Using a model similar to what is used to study climate change on Earth, scientists at NASA's Goddard Institute for Space Studies (GISS) concluded that the planet may have once been an entirely different place than modern-day Venus, which is a "hellish place" with a carbon dioxide atmosphere 90 times as thick as Earth's and almost no water vapor, and temperatures that reach 864 degrees Fahrenheit (462 degrees Celsius).
 
"Many of the same tools we use to model climate change on Earth can be adapted to study climates on other planets, both past and present," Michael Way, a researcher at GISS and the paper's lead author, said in a statement.
 
The research, published in the journal Geophysical Research Letters, was made possible by using previous data and applying it to a new hypothesis of what ancient Venus was really like.
 
First, the scientists used data from NASA's Pioneer mission in the 1980s, which suggested that Venus may have once had an ocean.
 
They then used newer research which, contrary to previous beliefs, found that just because a planet has a slow rotation rate - like Venus - doesn't mean it has a thick atmosphere. That is, although modern Venus has a thick atmosphere, an earlier Venus could have had a different - and more habitable - environment, while still maintaining the exact same rotation rate it does today.  
 
Using that existing information, the scientists based their research on the assumption that ancient Venus had more dry land than Earth, particularly in the tropics. That would have limited the amount of water that was evaporated from the oceans. If that assumption was true, the hypothetical Venus of the past would have possessed an ideal environment to host life.
 
Moving forward, the researchers simulated a Venus with an atmosphere similar to Earth's, but with a day as long as Venus' current day, which totals 117 Earth days.

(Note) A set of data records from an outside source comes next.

-- ===== src/Cc/Codegen/Arguments.antt =====
-- The arguments of a call of cc/codegen.c, the address of its result, and the builtins.
use sandbox_stack.Prelude.{ℕ, zero, suc, ◌*◌, ◌≡◌, ◌∙◌, inl, inr, refl, ap, sym, subst, arith}
use sandbox_stack.Prelude.{
  Bool, true, false, ◌&&◌, Bool-cases, ◌==◌, if◌then◌else◌, List, [], ◌∷◌, ◌++◌, Option, none, some,
  length, codes,
}
use sandbox_stack.Cc.Elf.{same}
use sandbox_stack.Cc.Codegen.{
  vc_i32, same_class, CType, TypeKind, FuncType, op_u, memory_size, param_classes, sig_of, emit,
  ◌>>◌, class_of, vclass, is_struct, convert, ty_void, ty_bool, ty_char, ty_short, ty_int, ty_long,
  ty_float, ty_double, ty_ldouble, ty_enum, ty_ptr, ty_func, ty_array, ty_vla, ty_struct, ty_union,
}
use sandbox_stack.Cc.Codegen.Expr.{
  Part, Obj, Env, plus, ret_address, fixed_args, other_args, variadic_args, is_struct_part,
  slots_size, call_code, too_many, rest_of_call, plain_call, all_dropped, grow_memory, gen_funcall,
}
use sandbox_stack.Cc.Codegen.Validate.{Stack, Context, result_of, reversed_onto}
use sandbox_stack.Cc.Codegen.Typed.{
  Types, emit-Types, fail-Types, >>-Types, above, if-Types, if_known-Types, error_if-Types, nothing,
}
use sandbox_stack.Cc.Codegen.Typing.{same_class_eq, convert-Types}
use sandbox_stack.Cc.Codegen.Parts.{Valued, has_value, one_value, gen_expr_as-Types}
use sandbox_stack.Cc.Codegen.Calls.{
  IsEnv, Callee, takes, call_code-Types, move_sp-Types, move_back-Types, fp_plus-Types,
  store_slot-Types,
}

abbrev pub AllValued : Context → List Part → Type 0
AllValued ctx [] = Unit {0}
AllValued ctx (p ∷ ps) = Valued ctx p × AllValued ctx ps

abbrev pub types_of : List Part → List (Option CType)
types_of [] = []
types_of (p ∷ ps) = p.ty ∷ types_of ps

-- Every argument for a parameter has the class of the parameter, which is a value.
abbrev pub fits : List CType → List (Option CType) → Bool
fits [] us = true
fits (t ∷ ts) [] = true
fits (t ∷ ts) (u ∷ us) =
    same_class (class_of t) (vclass u) && (has_value (class_of t) && fits ts us)

abbrev pub all_values : List (Option CType) → Bool
all_values [] = true
all_values (u ∷ us) = has_value (vclass u) && all_values us

-- A buffer for the result
abbrev pub has_buffer : Option ℕ → Bool
has_buffer none = false
has_buffer (some off) = true

-- The address of the result, if it is a struct
abbrev hidden : FuncType → Stack
hidden f = if is_struct f.return_ty then vc_i32 ∷ [] else []

reversed_onto-append :
    (xs ys acc : Stack) → reversed_onto (xs ++ ys) acc ≡ reversed_onto ys (reversed_onto xs acc)
reversed_onto-append [] ys acc = refl
reversed_onto-append (x ∷ xs) ys acc = reversed_onto-append xs ys (x ∷ acc)

hidden_first :
    (b : Bool) (zs : Stack)
    → reversed_onto ((if b then vc_i32 ∷ [] else []) ++ zs) []
      ≡ reversed_onto zs (if b then vc_i32 ∷ [] else [])
hidden_first true zs = refl
hidden_first false zs = refl

takes_lem :
    (f : FuncType)
    → takes (sig_of f)
      ≡ reversed_onto
          (if f.is_variadic then vc_i32 ∷ [] else [])
          (reversed_onto (param_classes f.params) (hidden f))
takes_lem f =
    hidden_first (is_struct f.return_ty) _
    ∙ reversed_onto-append (param_classes f.params) (if f.is_variadic then vc_i32 ∷ [] else [])
        (hidden f)

struct_kind :
    (k : TypeKind) (size : ℕ) (u : Bool)
    → is_struct (record { kind = k; size = size; is_unsigned = u }) ≡ true
    → class_of (record { kind = k; size = size; is_unsigned = u }) ≡ vc_i32
struct_kind ty_struct size u h = refl
struct_kind ty_union size u h = refl
struct_kind ty_void size u h = cc
struct_kind ty_bool size u h = cc
struct_kind ty_char size u h = cc
struct_kind ty_short size u h = cc
struct_kind ty_int size u h = cc
struct_kind ty_long size u h = cc
struct_kind ty_float size u h = cc
struct_kind ty_double size u h = cc
struct_kind ty_ldouble size u h = cc
struct_kind ty_enum size u h = cc
struct_kind ty_ptr size u h = cc
struct_kind ty_func size u h = cc
struct_kind ty_array size u h = cc
struct_kind ty_vla size u h = cc

-- The value of a struct is its address.
pub struct_class : (ty : CType) → is_struct ty ≡ true → class_of ty ≡ vc_i32
struct_class ty h = struct_kind ty.kind ty.size ty.is_unsigned h

other_args-AllValued :
    (ctx : Context) (env : Env) (n : ℕ) (ps : List Part)
    → AllValued ctx ps
    → AllValued ctx (other_args env n ps)
other_args-AllValued ctx env zero ps hs = hs
other_args-AllValued ctx env (suc n) [] hs = hs
other_args-AllValued ctx env (suc n) (p ∷ ps) (h, hs) = other_args-AllValued ctx env n ps hs

module _ {ctx : Context} (env : Env) where
  fixed_args-Types :
      (ts : List CType) (ps : List Part) (s : Stack)
      → AllValued ctx ps
      → fits ts (types_of ps) ≡ true
      → Types ctx (fixed_args env (length ts) ps) s (reversed_onto (param_classes ts) s)
  fixed_args-Types [] ps s hs fit = nothing
  fixed_args-Types (t ∷ ts) [] s hs fit = fail-Types
  fixed_args-Types (t ∷ ts) (p ∷ ps) s (h, hs) fit =
      let agree : same_class (class_of t) (vclass p.ty) ≡ true = ground arith in
      let full : has_value (class_of t) ≡ true = ground arith in
      let others : fits ts (types_of ps) ≡ true = ground arith in
      let top : result_of (vclass p.ty) ++ s ≡ class_of t ∷ s =
        ap (λ c. result_of c ++ s) (sym (same_class_eq (class_of t) (vclass p.ty) agree))
        ∙ ap (λ r. r ++ s) (one_value (class_of t) full) in
      >>-Types (subst (λ m. Types ctx p.value s m) top (above s h))
        (fixed_args-Types ts ps (class_of t ∷ s) hs others)

  slot_address-Types : (off : ℕ) → Types ctx (emit (op_u 0x23 0 ∷ plus off)) [] (vc_i32 ∷ [])
  slot_address-Types off = elim (Bool-cases (off == 0)) [
    | inl same_slot ↦ rw same_slot (emit-Types (λ all rest st fs. refl))
    | inr other ↦ rw other (emit-Types (λ all rest st fs. refl))
  ]

  variadic_args-Types :
      (slot : ℕ) (ps : List Part) (s : Stack)
      → AllValued ctx ps
      → Types ctx (variadic_args env slot ps) s s
  variadic_args-Types slot [] s hs = nothing
  variadic_args-Types slot (p ∷ ps) s (h, hs) =
      >>-Types
        (error_if-Types (is_struct_part env p.ty) (
          above s (
            >>-Types (slot_address-Types (slot * 8))
              (>>-Types (above (vc_i32 ∷ []) h) (store_slot-Types env (vclass p.ty))))))
        (variadic_args-Types (suc slot) ps s hs)

  rest_of_call-Types :
      (f : FuncType) (v : Option Obj) (a : Part) (ps : List Part)
      → Callee ctx env v f
      → Valued ctx a
      → AllValued ctx ps
      → Types ctx
          (rest_of_call env f v a ps)
          (reversed_onto (param_classes f.params) (hidden f))
          (result_of (sig_of f).result)
  unfolding rest_of_call
  rest_of_call-Types f v a ps called ha hs =
      let under = reversed_onto (param_classes f.params) (hidden f) in
      let size = slots_size env (length ps) in
      let called_on : (b : Bool)
          → f.is_variadic ≡ b
          → Types ctx (call_code env v f a) (reversed_onto (if b then vc_i32 ∷ [] else []) under)
              (result_of (sig_of f).result) =
        λ b is.
          subst (λ s. Types ctx (call_code env v f a) s (result_of (sig_of f).result))
            (takes_lem f ∙ ap (λ c. reversed_onto (if c then vc_i32 ∷ [] else []) under) is)
            (call_code-Types env v f a called ha) in
      if_known-Types f.is_variadic
        (λ variadic. >>-Types (move_sp-Types env size under) (
          >>-Types (variadic_args-Types 0 ps under hs) (
            >>-Types (above under (slot_address-Types 0)) (
              >>-Types (called_on true variadic)
                (move_back-Types env size (result_of (sig_of f).result))))))
        (λ fixed. error_if-Types (too_many env ps) (called_on false fixed))

  before_call :
      (f : FuncType) (ret : Option ℕ)
      → IsEnv ctx env
      → is_struct f.return_ty ≡ has_buffer ret
      → Types ctx (emit (ret_address env ret)) [] (hidden f)
  before_call f none e h = rw h nothing
  before_call f (some off) e h = rw h (fp_plus-Types env e off)

  after_call :
      (f : FuncType) (ret : Option ℕ)
      → IsEnv ctx env
      → is_struct f.return_ty ≡ has_buffer ret
      → Types ctx
          (emit (ret_address env ret))
          (result_of (sig_of f).result)
          (result_of (class_of f.return_ty))
  after_call f none e h = rw h nothing
  after_call f (some off) e h =
      let class = struct_class f.return_ty h in rw (h, class) (fp_plus-Types env e off)

  plain_call-Types :
      (f : FuncType) (v : Option Obj) (a : Part) (ps : List Part) (ret : Option ℕ)
      → IsEnv ctx env
      → is_struct f.return_ty ≡ has_buffer ret
      → fits f.params (types_of ps) ≡ true
      → Callee ctx env v f
      → Valued ctx a
      → AllValued ctx ps
      → Types ctx (plain_call env f v a ps ret) [] (result_of (class_of f.return_ty))
  unfolding plain_call
  plain_call-Types f v a ps ret e buffer fit called ha hs = >>-Types (before_call f ret e buffer) (
      >>-Types (fixed_args-Types f.params ps (hidden f) hs fit) (
        >>-Types
          (rest_of_call-Types f v a (other_args env (length f.params) ps) called ha
            (other_args-AllValued ctx env (length f.params) ps hs))
          (after_call f ret e buffer)))

  all_dropped-Types :
      (ps : List Part)
      → all_values (types_of ps) ≡ true
      → AllValued ctx ps
      → Types ctx (all_dropped env ps) [] []
  all_dropped-Types [] full hs = nothing
  all_dropped-Types (p ∷ ps) full (h, hs) =
      >>-Types (subst (λ s. Types ctx p.value [] s) (one_value (vclass p.ty) (ground arith)) h)
        (>>-Types (emit-Types (λ all rest st fs. refl)) (all_dropped-Types ps (ground arith) hs))

  memory_size-Types :
      (ty : CType) (ps : List Part)
      → all_values (types_of ps) ≡ true
      → AllValued ctx ps
      → Types ctx
          (all_dropped env ps >> (emit (memory_size ∷ []) >> convert vc_i32 (class_of ty) true))
          []
          (result_of (class_of ty))
  memory_size-Types ty ps full hs =
      >>-Types (all_dropped-Types ps full hs)
        (>>-Types (emit-Types (λ all rest st fs. refl)) (convert-Types vc_i32 (class_of ty) true))

  grow_memory-Types :
      (ty : CType) (ps : List Part)
      → all_values (types_of ps) ≡ true
      → AllValued ctx ps
      → Types ctx (grow_memory env ty ps) [] (result_of (class_of ty))
  grow_memory-Types ty [] full hs = fail-Types
  grow_memory-Types ty (p ∷ []) full hs = fail-Types
  grow_memory-Types ty (p ∷ (q ∷ ps)) full (h, (k, hs)) =
      >>-Types (subst (λ s. Types ctx p.value [] s) (one_value (vclass p.ty) (ground arith)) h) (
        >>-Types (emit-Types (λ all rest st fs. refl)) (
          >>-Types (gen_expr_as-Types q vc_i32 k) (
            >>-Types (emit-Types (λ all rest st fs. refl))
              (convert-Types vc_i32 (class_of ty) true))))

  -- A call leaves the value of the class of its type.
  pub gen_funcall-Types :
      (ty : CType) (f : FuncType) (v : Option Obj) (a : Part) (ps : List Part) (ret : Option ℕ)
      → IsEnv ctx env
      → class_of f.return_ty ≡ class_of ty
      → is_struct f.return_ty ≡ has_buffer ret
      → fits f.params (types_of ps) ≡ true
      → all_values (types_of ps) ≡ true
      → Callee ctx env v f
      → Valued ctx a
      → AllValued ctx ps
      → Types ctx (gen_funcall env ty f v a ps ret) [] (result_of (class_of ty))
  unfolding gen_funcall
  gen_funcall-Types ty f none a ps ret e class buffer fit full called ha hs =
      subst (λ c. Types ctx (plain_call env f none a ps ret) [] (result_of c)) class
        (plain_call-Types f none a ps ret e buffer fit called ha hs)
  gen_funcall-Types ty f (some v) a ps ret e class buffer fit full called ha hs =
      if-Types (same (codes "__builtin_wasm_memory_size") v.name) (memory_size-Types ty ps full hs)
        (if-Types (same (codes "__builtin_wasm_memory_grow") v.name)
          (grow_memory-Types ty ps full hs)
          (if-Types (same (codes "alloca") v.name) fail-Types (
            subst (λ c. Types ctx (plain_call env f (some v) a ps ret) [] (result_of c)) class
              (plain_call-Types f (some v) a ps ret e buffer fit called ha hs))))
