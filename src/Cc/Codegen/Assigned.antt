-- ===== src/Cc/Codegen/Assigned.antt =====
-- The addresses of variables, and assignments, of cc/codegen.c.
use sandbox_stack.Prelude.{ℕ, ◌≡◌, ◌∙◌, inl, inr, refl, ap, sym, subst}
use sandbox_stack.Prelude.{
  Bool, true, false, Bool-cases, ◌==◌, if◌then◌else◌, [], ◌∷◌, ◌++◌, Option, none, some,
}
use sandbox_stack.Prelude.Int.{pos}
use sandbox_stack.Cc.Codegen.{
  Class, vc_none, vc_i32, vc_i64, vc_f32, vc_f64, same_class, CType, op, op_u, i32c, memory_copy,
  memory_fill, emit, ◌>>◌, store, class_of, vclass, is_struct, is_vla,
}
use sandbox_stack.Cc.Codegen.Expr.{
  Part, Obj, Env, fp_plus, address, global_addr, var_addr, scratch_local, store_and_keep, assigned,
}
use sandbox_stack.Cc.Codegen.Validate.{Context, check, then_check, gets, tees, result_of}
use sandbox_stack.Cc.Codegen.Typed.{
  Types, emit-Types, fail-Types, >>-Types, above, over, if-Types, if_known-Types, error_if-Types,
}
use sandbox_stack.Cc.Codegen.Typing.{same_class_eq}
use sandbox_stack.Cc.Codegen.Access.{is_storable, store-Types}
use sandbox_stack.Cc.Codegen.Parts.{Valued, Addressed, has_value, one_value, gen_expr_as-Types}
use sandbox_stack.Cc.Codegen.Calls.{IsEnv, fp_plus-Types}
use sandbox_stack.Cc.Codegen.Arguments.{struct_class}

-- What is assigned: the address of a struct, or a value of a type that is stored
abbrev pub is_assignable : CType → Option CType → Bool
is_assignable ty from = if is_struct ty then same_class (vclass from) vc_i32 else is_storable ty

under_if : {b x : Bool} (y : Bool) → b ≡ true → (if b then x else y) ≡ true → x ≡ true
under_if {b} {x} y known h = subst (λ c. (if c then x else y) ≡ true) known h

under_else : {b y : Bool} (x : Bool) → b ≡ false → (if b then x else y) ≡ true → y ≡ true
under_else {b} {y} x known h = subst (λ c. (if c then x else y) ≡ true) known h

module _ {ctx : Context} (env : Env) (e : IsEnv ctx env) where
  address-Types : (a : Option ℕ) → Types ctx (address env a) [] (vc_i32 ∷ [])
  address-Types none = fail-Types
  address-Types (some a) = emit-Types (λ all rest st fs. refl)

  pub var_addr-Types : (v : Obj) → Types ctx (var_addr env v) [] (vc_i32 ∷ [])
  unfolding var_addr
  var_addr-Types v = error_if-Types (is_vla v.ty) (
      if-Types v.is_local (fp_plus-Types env e v.offset)
        (error_if-Types v.is_tls (address-Types (global_addr env v))))

  get-Types :
      (l : ℕ) (c : Class) → ctx.locals l ≡ some c → Types ctx (emit (op_u 0x20 l ∷ [])) [] (c ∷ [])
  get-Types l c at =
      emit-Types (λ all rest st fs. ap (λ t. then_check (check ctx all rest) (gets t (st, fs))) at)

  tee-Types :
      (l : ℕ) (c : Class)
      → has_value c ≡ true
      → ctx.locals l ≡ some c
      → Types ctx (emit (op_u 0x22 l ∷ [])) (c ∷ []) (c ∷ [])
  tee-Types l vc_none h at = cc
  tee-Types l vc_i32 h at =
      emit-Types
        (λ all rest st fs. ap (λ t. then_check (check ctx all rest) (tees t (vc_i32 ∷ st, fs))) at)
  tee-Types l vc_i64 h at =
      emit-Types
        (λ all rest st fs. ap (λ t. then_check (check ctx all rest) (tees t (vc_i64 ∷ st, fs))) at)
  tee-Types l vc_f32 h at =
      emit-Types
        (λ all rest st fs. ap (λ t. then_check (check ctx all rest) (tees t (vc_f32 ∷ st, fs))) at)
  tee-Types l vc_f64 h at =
      emit-Types
        (λ all rest st fs. ap (λ t. then_check (check ctx all rest) (tees t (vc_f64 ∷ st, fs))) at)

  kept-Types :
      (l : ℕ) (ty : CType)
      → is_storable ty ≡ true
      → has_value (class_of ty) ≡ true
      → ctx.locals l ≡ some (class_of ty)
      → Types ctx
          (store_and_keep env (some l) ty)
          (result_of (class_of ty) ++ (vc_i32 ∷ []))
          (result_of (class_of ty))
  kept-Types l ty storable full at =
      let c = class_of ty in
      let one = one_value c full in
      subst (λ r. Types ctx (store_and_keep env (some l) ty) (r ++ (vc_i32 ∷ [])) r) (sym one)
        (>>-Types (over (vc_i32 ∷ []) (tee-Types l c full at)) (
          >>-Types
            (subst (λ r. Types ctx (store ty) (r ++ (vc_i32 ∷ [])) []) one
              (store-Types ty storable))
            (get-Types l c at)))

  -- The value is stored and is there again.
  store_and_keep-Types :
      (c : Class) (ty : CType)
      → class_of ty ≡ c
      → is_storable ty ≡ true
      → Types ctx
          (store_and_keep env (scratch_local env c) ty)
          (result_of (class_of ty) ++ (vc_i32 ∷ []))
          (result_of (class_of ty))
  store_and_keep-Types vc_none ty class storable = fail-Types
  store_and_keep-Types vc_i32 ty class storable =
      kept-Types env.loc_t32 ty storable (ap has_value class) (e.t32 ∙ ap (λ c. some c) (sym class))
  store_and_keep-Types vc_i64 ty class storable =
      kept-Types env.loc_t64 ty storable (ap has_value class) (e.t64 ∙ ap (λ c. some c) (sym class))
  store_and_keep-Types vc_f32 ty class storable =
      kept-Types env.loc_tf32 ty storable (ap has_value class)
        (e.tf32 ∙ ap (λ c. some c) (sym class))
  store_and_keep-Types vc_f64 ty class storable =
      kept-Types env.loc_tf64 ty storable (ap has_value class)
        (e.tf64 ∙ ap (λ c. some c) (sym class))

  -- The bytes of a struct are copied, and its address is kept.
  copied-Types :
      (ty : CType) (a b : Part)
      → same_class (vclass b.ty) vc_i32 ≡ true
      → Addressed ctx a
      → Valued ctx b
      → Types ctx
          (a.addr
            >> (emit (op_u 0x22 env.loc_t32b ∷ [])
                >> (b.value
                    >> emit (i32c (pos ty.size) ∷ memory_copy ∷ op_u 0x20 env.loc_t32b ∷ []))))
          []
          (vc_i32 ∷ [])
  copied-Types ty a b class ha hb = >>-Types ha (
      >>-Types (tee-Types env.loc_t32b vc_i32 refl e.t32b) (
        >>-Types
          (above (vc_i32 ∷ []) (
            subst (λ c. Types ctx b.value [] (result_of c))
              (same_class_eq (vclass b.ty) vc_i32 class) hb))
          (emit-Types (λ all rest st fs.
            ap (λ t. then_check (check ctx all rest) (gets t (st, fs))) e.t32b))))

  pub assigned-Types :
      (ty : CType) (a b : Part)
      → is_assignable ty b.ty ≡ true
      → Addressed ctx a
      → Valued ctx b
      → Types ctx (assigned env ty a b) [] (result_of (class_of ty))
  unfolding assigned
  assigned-Types ty a b h ha hb =
      if_known-Types (is_struct ty)
        (λ struct.
          subst
            (λ c.
              Types ctx
                (a.addr
                  >> (emit (op_u 0x22 env.loc_t32b ∷ [])
                      >> (b.value
                          >> emit
                              (i32c (pos ty.size) ∷ memory_copy ∷ op_u 0x20 env.loc_t32b ∷ []))))
                [] (result_of c))
            (sym (struct_class ty struct))
            (copied-Types ty a b (under_if (is_storable ty) struct h) ha hb))
        (λ value. >>-Types ha (
          >>-Types (above (vc_i32 ∷ []) (gen_expr_as-Types b (class_of ty) hb)) (
            store_and_keep-Types (class_of ty) ty refl
              (under_else (same_class (vclass b.ty) vc_i32) value h))))

  pub memzero-Types :
      (off size : ℕ)
      → Types ctx
          (emit (fp_plus env off ++ (i32c (pos 0) ∷ i32c (pos size) ∷ memory_fill ∷ [])))
          []
          []
  memzero-Types off size = elim (Bool-cases (off == 0)) [
    | inl first ↦ rw first (
        emit-Types (λ all rest st fs.
          ap
            (λ t.
              then_check (check ctx all (i32c (pos 0) ∷ (i32c (pos size) ∷ (memory_fill ∷ rest))))
                (gets t (st, fs)))
            e.fp))
    | inr other ↦ rw other (
        emit-Types (λ all rest st fs.
          ap
            (λ t.
              then_check
                (check ctx all (
                  i32c (pos off)
                  ∷ (op 0x6a ∷ (i32c (pos 0) ∷ (i32c (pos size) ∷ (memory_fill ∷ rest))))))
                (gets t (st, fs)))
            e.fp))
  ]
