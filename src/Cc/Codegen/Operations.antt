-- ===== src/Cc/Codegen/Operations.antt =====
-- The binary operators of cc/codegen.c.
use sandbox_stack.Prelude.{◌≡◌, refl}
use sandbox_stack.Prelude.{Bool, true, false, ◌||◌, if◌then◌else◌, [], ◌∷◌, ◌++◌}
use sandbox_stack.Cc.Codegen.{
  Class, vc_none, vc_i32, vc_i64, vc_f32, vc_f64, CType, op, emit, is_ptr, is_array, is_flonum,
  is_float,
}
use sandbox_stack.Cc.Codegen.Expr.{
  Binary, nd_add, nd_sub, nd_mul, nd_div, nd_mod, nd_bitand, nd_bitor, nd_bitxor, nd_shl, nd_shr,
  nd_eq, nd_ne, nd_lt, nd_le, is_comparison, float_op, int_op, binary_op,
}
use sandbox_stack.Cc.Codegen.Validate.{Context, result_of}
use sandbox_stack.Cc.Codegen.Typed.{Types, emit-Types, fail-Types}
use sandbox_stack.Cc.Codegen.Parts.{has_value}
use sandbox_stack.Cc.Codegen.Typing.{op_if}

-- The result of a binary operator on this class
abbrev pub binary_class : Binary → Class → Class
binary_class k vc = if is_comparison k then vc_i32 else vc

module _ {ctx : Context} where
  float_op-f32 :
      (k : Binary)
      → Types ctx (float_op k false) (vc_f32 ∷ vc_f32 ∷ []) (result_of (binary_class k vc_f32))
  unfolding float_op
  float_op-f32 nd_add = emit-Types (λ all rest st fs. refl)
  float_op-f32 nd_sub = emit-Types (λ all rest st fs. refl)
  float_op-f32 nd_mul = emit-Types (λ all rest st fs. refl)
  float_op-f32 nd_div = emit-Types (λ all rest st fs. refl)
  float_op-f32 nd_mod = fail-Types
  float_op-f32 nd_bitand = fail-Types
  float_op-f32 nd_bitor = fail-Types
  float_op-f32 nd_bitxor = fail-Types
  float_op-f32 nd_shl = fail-Types
  float_op-f32 nd_shr = fail-Types
  float_op-f32 nd_eq = emit-Types (λ all rest st fs. refl)
  float_op-f32 nd_ne = emit-Types (λ all rest st fs. refl)
  float_op-f32 nd_lt = emit-Types (λ all rest st fs. refl)
  float_op-f32 nd_le = emit-Types (λ all rest st fs. refl)

  float_op-f64 :
      (k : Binary)
      → Types ctx (float_op k true) (vc_f64 ∷ vc_f64 ∷ []) (result_of (binary_class k vc_f64))
  unfolding float_op
  float_op-f64 nd_add = emit-Types (λ all rest st fs. refl)
  float_op-f64 nd_sub = emit-Types (λ all rest st fs. refl)
  float_op-f64 nd_mul = emit-Types (λ all rest st fs. refl)
  float_op-f64 nd_div = emit-Types (λ all rest st fs. refl)
  float_op-f64 nd_mod = fail-Types
  float_op-f64 nd_bitand = fail-Types
  float_op-f64 nd_bitor = fail-Types
  float_op-f64 nd_bitxor = fail-Types
  float_op-f64 nd_shl = fail-Types
  float_op-f64 nd_shr = fail-Types
  float_op-f64 nd_eq = emit-Types (λ all rest st fs. refl)
  float_op-f64 nd_ne = emit-Types (λ all rest st fs. refl)
  float_op-f64 nd_lt = emit-Types (λ all rest st fs. refl)
  float_op-f64 nd_le = emit-Types (λ all rest st fs. refl)

  int_op-i32 :
      (k : Binary) (u : Bool)
      → Types ctx
          (emit (op (int_op k false u) ∷ []))
          (vc_i32 ∷ vc_i32 ∷ [])
          (result_of (binary_class k vc_i32))
  unfolding int_op
  int_op-i32 nd_add u = emit-Types (λ all rest st fs. refl)
  int_op-i32 nd_sub u = emit-Types (λ all rest st fs. refl)
  int_op-i32 nd_mul u = emit-Types (λ all rest st fs. refl)
  int_op-i32 nd_div u = op_if u _ _ (λ all rest st fs. refl) (λ all rest st fs. refl)
  int_op-i32 nd_mod u = op_if u _ _ (λ all rest st fs. refl) (λ all rest st fs. refl)
  int_op-i32 nd_bitand u = emit-Types (λ all rest st fs. refl)
  int_op-i32 nd_bitor u = emit-Types (λ all rest st fs. refl)
  int_op-i32 nd_bitxor u = emit-Types (λ all rest st fs. refl)
  int_op-i32 nd_shl u = emit-Types (λ all rest st fs. refl)
  int_op-i32 nd_shr u = op_if u _ _ (λ all rest st fs. refl) (λ all rest st fs. refl)
  int_op-i32 nd_eq u = emit-Types (λ all rest st fs. refl)
  int_op-i32 nd_ne u = emit-Types (λ all rest st fs. refl)
  int_op-i32 nd_lt u = op_if u _ _ (λ all rest st fs. refl) (λ all rest st fs. refl)
  int_op-i32 nd_le u = op_if u _ _ (λ all rest st fs. refl) (λ all rest st fs. refl)

  int_op-i64 :
      (k : Binary) (u : Bool)
      → Types ctx
          (emit (op (int_op k true u) ∷ []))
          (vc_i64 ∷ vc_i64 ∷ [])
          (result_of (binary_class k vc_i64))
  unfolding int_op
  int_op-i64 nd_add u = emit-Types (λ all rest st fs. refl)
  int_op-i64 nd_sub u = emit-Types (λ all rest st fs. refl)
  int_op-i64 nd_mul u = emit-Types (λ all rest st fs. refl)
  int_op-i64 nd_div u = op_if u _ _ (λ all rest st fs. refl) (λ all rest st fs. refl)
  int_op-i64 nd_mod u = op_if u _ _ (λ all rest st fs. refl) (λ all rest st fs. refl)
  int_op-i64 nd_bitand u = emit-Types (λ all rest st fs. refl)
  int_op-i64 nd_bitor u = emit-Types (λ all rest st fs. refl)
  int_op-i64 nd_bitxor u = emit-Types (λ all rest st fs. refl)
  int_op-i64 nd_shl u = emit-Types (λ all rest st fs. refl)
  int_op-i64 nd_shr u = op_if u _ _ (λ all rest st fs. refl) (λ all rest st fs. refl)
  int_op-i64 nd_eq u = emit-Types (λ all rest st fs. refl)
  int_op-i64 nd_ne u = emit-Types (λ all rest st fs. refl)
  int_op-i64 nd_lt u = op_if u _ _ (λ all rest st fs. refl) (λ all rest st fs. refl)
  int_op-i64 nd_le u = op_if u _ _ (λ all rest st fs. refl) (λ all rest st fs. refl)

  pub binary_op-Types :
      (k : Binary) (t : CType) (vc : Class)
      → is_flonum t ≡ is_float vc
      → has_value vc ≡ true
      → Types ctx (binary_op k t vc) (result_of vc ++ result_of vc) (result_of (binary_class k vc))
  unfolding binary_op
  binary_op-Types k t vc_none fl h = cc
  binary_op-Types k t vc_i32 fl h = rw fl (int_op-i32 k (t.is_unsigned || is_ptr t || is_array t))
  binary_op-Types k t vc_i64 fl h = rw fl (int_op-i64 k (t.is_unsigned || is_ptr t || is_array t))
  binary_op-Types k t vc_f32 fl h = rw fl (float_op-f32 k)
  binary_op-Types k t vc_f64 fl h = rw fl (float_op-f64 k)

They also threw in a shallow ocean which was consistent with data from Pioneer spacecraft.  
 
 
"In the GISS model's simulation, Venus' slow spin exposes its dayside to the sun for almost two months at a time," co-author and GISS scientist Anthony Del Genio said. "This warms the surface and produces rain that creates a thick layer of clouds, which acts like an umbrella to shield the surface from much of the solar heating. The result is mean climate temperatures that are actually a few degrees cooler than Earth's today."
 
The study was done as part of NASA's Planetary Scientce Astrobiology program through the Nexus for Exoplanet System Science (NexSS) program.